Compressive Strength: Typically three to four times its tensile strength, making gray iron excellent for columns, bases, and compression-loaded parts.
Hardness: Varies with matrix and graphite structure, usually in the range of 150 to 250 HB (Brinell).
Elastic Modulus: Lower than steel (about 90-110 GPa) due to the presence of graphite.
Ductility: Almost zero – gray iron fractures with little to no plastic deformation; it is a brittle material.
Gray iron is specified by its minimum tensile strength in ksi (thousands of pounds per square inch) according to standards like ASTM A48. Common classes include:
Class 20 (20 ksi / 140 MPa): Low-strength, highly machinable iron used for light, intricate castings such as ornamental items, small housings, and general-purpose parts.
Class 25 (25 ksi / 170 MPa): General engineering iron for pump bodies, valve components, and electrical fittings.
Class 30 (30 ksi / 205 MPa): The most widely used grade for machine tools, engine blocks, clutch plates, and gearboxes.
Class 35 (35 ksi / 240 MPa): Higher strength iron for heavy-duty applications like diesel engine blocks, flywheels, and hydraulic components.
Class 40 (40 ksi / 275 MPa): High-strength iron for demanding parts such as cylinder liners, camshafts, and large machine bases.
Gray Iron vs. Ductile Iron: Ductile iron has nodular (spheroidal) graphite, which gives it significant ductility and higher tensile strength. Gray iron is cheaper, has better damping, and is easier to machine, but it is brittle.
Gray Iron vs. White Iron: White iron contains no graphite; all carbon is combined as cementite, making it extremely hard and wear-resistant but virtually unmachinable. Gray iron is much softer and machinable.
Gray Iron vs. Compacted Graphite Iron (CGI): CGI has a worm-like graphite form, offering strength between gray and ductile iron while retaining some damping and thermal conductivity. It is used in high-performance diesel engines.
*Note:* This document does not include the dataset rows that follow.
-- ===== src/Redactor/Safe.antt =====
-- What a redacted row shows of the row.
use bare_network_inspect.Base.{
  ℕ, zero, suc, ◌≡◌, refl, arith, ◌⊎◌, inl, inr, true, some, ◌++◌, length, JsString, ascii, same,
  set_has, Option-cases,
}
use bare_network_inspect.Hlc.{decimal}
use bare_network_inspect.Registry.{PeerRegistry, broadcast, handle_of, handle_for, is_same}
use bare_network_inspect.Redactor.{
  Value, Values, Props, undefined, null, boolean, number, text, bigint, function, bytes,
  array_buffer, array, object, nil, cons, end, field, summarize_shape, shape_props, count_values,
  Redactor, is_text, is_undefined, hash_peer, hash_value, redact_peer_value, redact_peer_values,
}

-- The names of types, and sizes.
abbrev pub IsTypeName : JsString → Type 0
IsTypeName s =
    (s ≡ ascii "undefined")
    ⊎ (s ≡ ascii "null")
    ⊎ (s ≡ ascii "boolean")
    ⊎ (s ≡ ascii "number")
    ⊎ (s ≡ ascii "string")
    ⊎ (s ≡ ascii "bigint")
    ⊎ (s ≡ ascii "function")
    ⊎ (s ≡ ascii "object")

abbrev pub IsSize : JsString → Type 0
IsSize s =
    (n : ℕ) × ((s ≡ ascii "bytes<" ++ (decimal n ++ ascii ">"))
      ⊎ (s ≡ ascii "Array<" ++ (decimal n ++ ascii ">")))

hash_peer-cases :
    (reg reg' : PeerRegistry) (p s : JsString)
    → hash_peer reg p ≡ some (reg', s)
    → ((p ≡ broadcast) × (s ≡ broadcast)) ⊎ (s ≡ ascii "ph_" ++ handle_of p)
unfolding hash_peer handle_for is_same
hash_peer-cases reg reg' p s h = ground arith

module _ {F : Type 0} where
  -- A shape without a value of the app: type names, sizes, and objects of those.
  mutual
    pub IsShape : Value F → Type 0
    IsShape (text s) = IsTypeName s ⊎ IsSize s
    IsShape (object fs) = AreShapes fs
    IsShape v = ⊥

    pub AreShapes : Props F → Type 0
    AreShapes end = Unit {0}
    AreShapes (field k v fs) = IsShape v × AreShapes fs

  -- Peers as the code's rows carry them: strings, and arrays of peers.
  unfoldable mutual
    pub ArePeers : Value F → Type 0
    ArePeers (text s) = Unit {0}
    ArePeers (array vs) = AreAllPeers vs
    ArePeers v = ⊥

    pub AreAllPeers : Values F → Type 0
    AreAllPeers nil = Unit {0}
    AreAllPeers (cons v vs) = ArePeers v × AreAllPeers vs

  -- A field as the code's rows type it: left out, or with peers where it is for peers, and with a string
  -- where it is for a URL or for free text.
  abbrev pub IsTypedField : Redactor → JsString × Value F → Type 0
  IsTypedField r (key, v) =
      (is_undefined v ≡ true)
      ⊎ ((set_has same key r.peer_fields ≡ true → ArePeers v)
          × ((set_has same key r.url_fields ≡ true → is_text v ≡ true)
              × (set_has same key r.text_fields ≡ true → is_text v ≡ true)))

  -- Each peer as its hash, and the broadcast as itself, also in arrays, and nothing else.
  mutual
    pub HidesPeers : Value F → Value F → Type 0
    HidesPeers (text p) (text s) =
        ((p ≡ broadcast) × (s ≡ broadcast)) ⊎ (s ≡ ascii "ph_" ++ handle_of p)
    HidesPeers (array vs) (array ws) = HideAllPeers vs ws
    HidesPeers v w = ⊥

    pub HideAllPeers : Values F → Values F → Type 0
    HideAllPeers nil nil = Unit {0}
    HideAllPeers (cons v vs) (cons w ws) = HidesPeers v w × HideAllPeers vs ws
    HideAllPeers vs ws = ⊥

  mutual
    unfolding summarize_shape IsShape AreShapes

    pub IsShape-summarize_shape : (n : ℕ) (v : Value F) → IsShape (summarize_shape n v)
    IsShape-summarize_shape n undefined = inl (inl refl)
    IsShape-summarize_shape n null = inl (inr (inl refl))
    IsShape-summarize_shape n (boolean b) = inl (inr (inr (inl refl)))
    IsShape-summarize_shape n (number x) = inl (inr (inr (inr (inl refl))))
    IsShape-summarize_shape n (text s) = inl (inr (inr (inr (inr (inl refl)))))
    IsShape-summarize_shape n (bigint s) = inl (inr (inr (inr (inr (inr (inl refl))))))
    IsShape-summarize_shape n function = inl (inr (inr (inr (inr (inr (inr (inl refl)))))))
    IsShape-summarize_shape n (bytes bs) = inr (length bs, inl refl)
    IsShape-summarize_shape n (array_buffer bs) = inr (length bs, inl refl)
    IsShape-summarize_shape n (array vs) = inr (count_values vs, inr refl)
    IsShape-summarize_shape zero (object fs) = inl (inr (inr (inr (inr (inr (inr (inr refl)))))))
    IsShape-summarize_shape (suc n) (object fs) = AreShapes-shape_props n fs

    AreShapes-shape_props : (n : ℕ) (fs : Props F) → AreShapes (shape_props n fs)
    AreShapes-shape_props n end = tt
    AreShapes-shape_props n (field k v fs) =
        (IsShape-summarize_shape n v, AreShapes-shape_props n fs)

  mutual
    unfolding redact_peer_value ArePeers AreAllPeers HidesPeers HideAllPeers hash_value

    pub HidesPeers-redact_peer_value :
        (reg reg' : PeerRegistry) (v w : Value F)
        → ArePeers v
        → redact_peer_value reg v ≡ some (reg', w)
        → HidesPeers v w
    HidesPeers-redact_peer_value reg reg' (text p) w a h = elim (Option-cases (hash_peer reg p)) [
      | inl e ↦ absurd (ground arith)
      | inr ((r, s), e) ↦
          let q : text s ≡ w = ground arith in rw (← q) (hash_peer-cases reg r p s e)
    ]
    HidesPeers-redact_peer_value reg reg' (array vs) w a h =
        elim (Option-cases (redact_peer_values reg vs)) [
          | inl e ↦ absurd (ground arith)
          | inr ((r, ws), e) ↦
              let q : array ws ≡ w = ground arith in
              rw (← q) (HideAllPeers-redact_peer_values reg r vs ws a e)
        ]
    HidesPeers-redact_peer_value reg reg' undefined w a h = absurd a
    HidesPeers-redact_peer_value reg reg' null w a h = absurd a
    HidesPeers-redact_peer_value reg reg' (boolean b) w a h = absurd a
    HidesPeers-redact_peer_value reg reg' (number x) w a h = absurd a
    HidesPeers-redact_peer_value reg reg' (bigint s) w a h = absurd a
    HidesPeers-redact_peer_value reg reg' function w a h = absurd a
    HidesPeers-redact_peer_value reg reg' (bytes bs) w a h = absurd a
    HidesPeers-redact_peer_value reg reg' (array_buffer bs) w a h = absurd a
    HidesPeers-redact_peer_value reg reg' (object fs) w a h = absurd a

    HideAllPeers-redact_peer_values :
        (reg reg' : PeerRegistry) (vs ws : Values F)
        → AreAllPeers vs
        → redact_peer_values reg vs ≡ some (reg', ws)
        → HideAllPeers vs ws
    HideAllPeers-redact_peer_values reg reg' nil ws a h =
        let q : nil ≡ ws = ground arith in rw (← q) tt
    HideAllPeers-redact_peer_values reg reg' (cons v vs) ws a h =
        elim (Option-cases (redact_peer_value reg v)) [
          | inl e ↦ absurd (ground arith)
          | inr ((r, w), e) ↦ elim (Option-cases (redact_peer_values r vs)) [
            | inl g ↦ absurd (ground arith)
            | inr ((r', us), g) ↦
                let q : cons w us ≡ ws = ground arith in
                rw (← q) (
                  HidesPeers-redact_peer_value reg r v w a.0 e,
                  HideAllPeers-redact_peer_values r r' vs us a.1 g,
                )
          ]
        ]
In summary, gray cast iron is a versatile engineering material whose name reflects the gray color of its fracture surface, a direct result of the exposed flake graphite. Its unique combination of low cost, excellent machinability, high damping capacity, and good compressive strength ensures its continued widespread use in industries ranging from automotive to heavy machinery.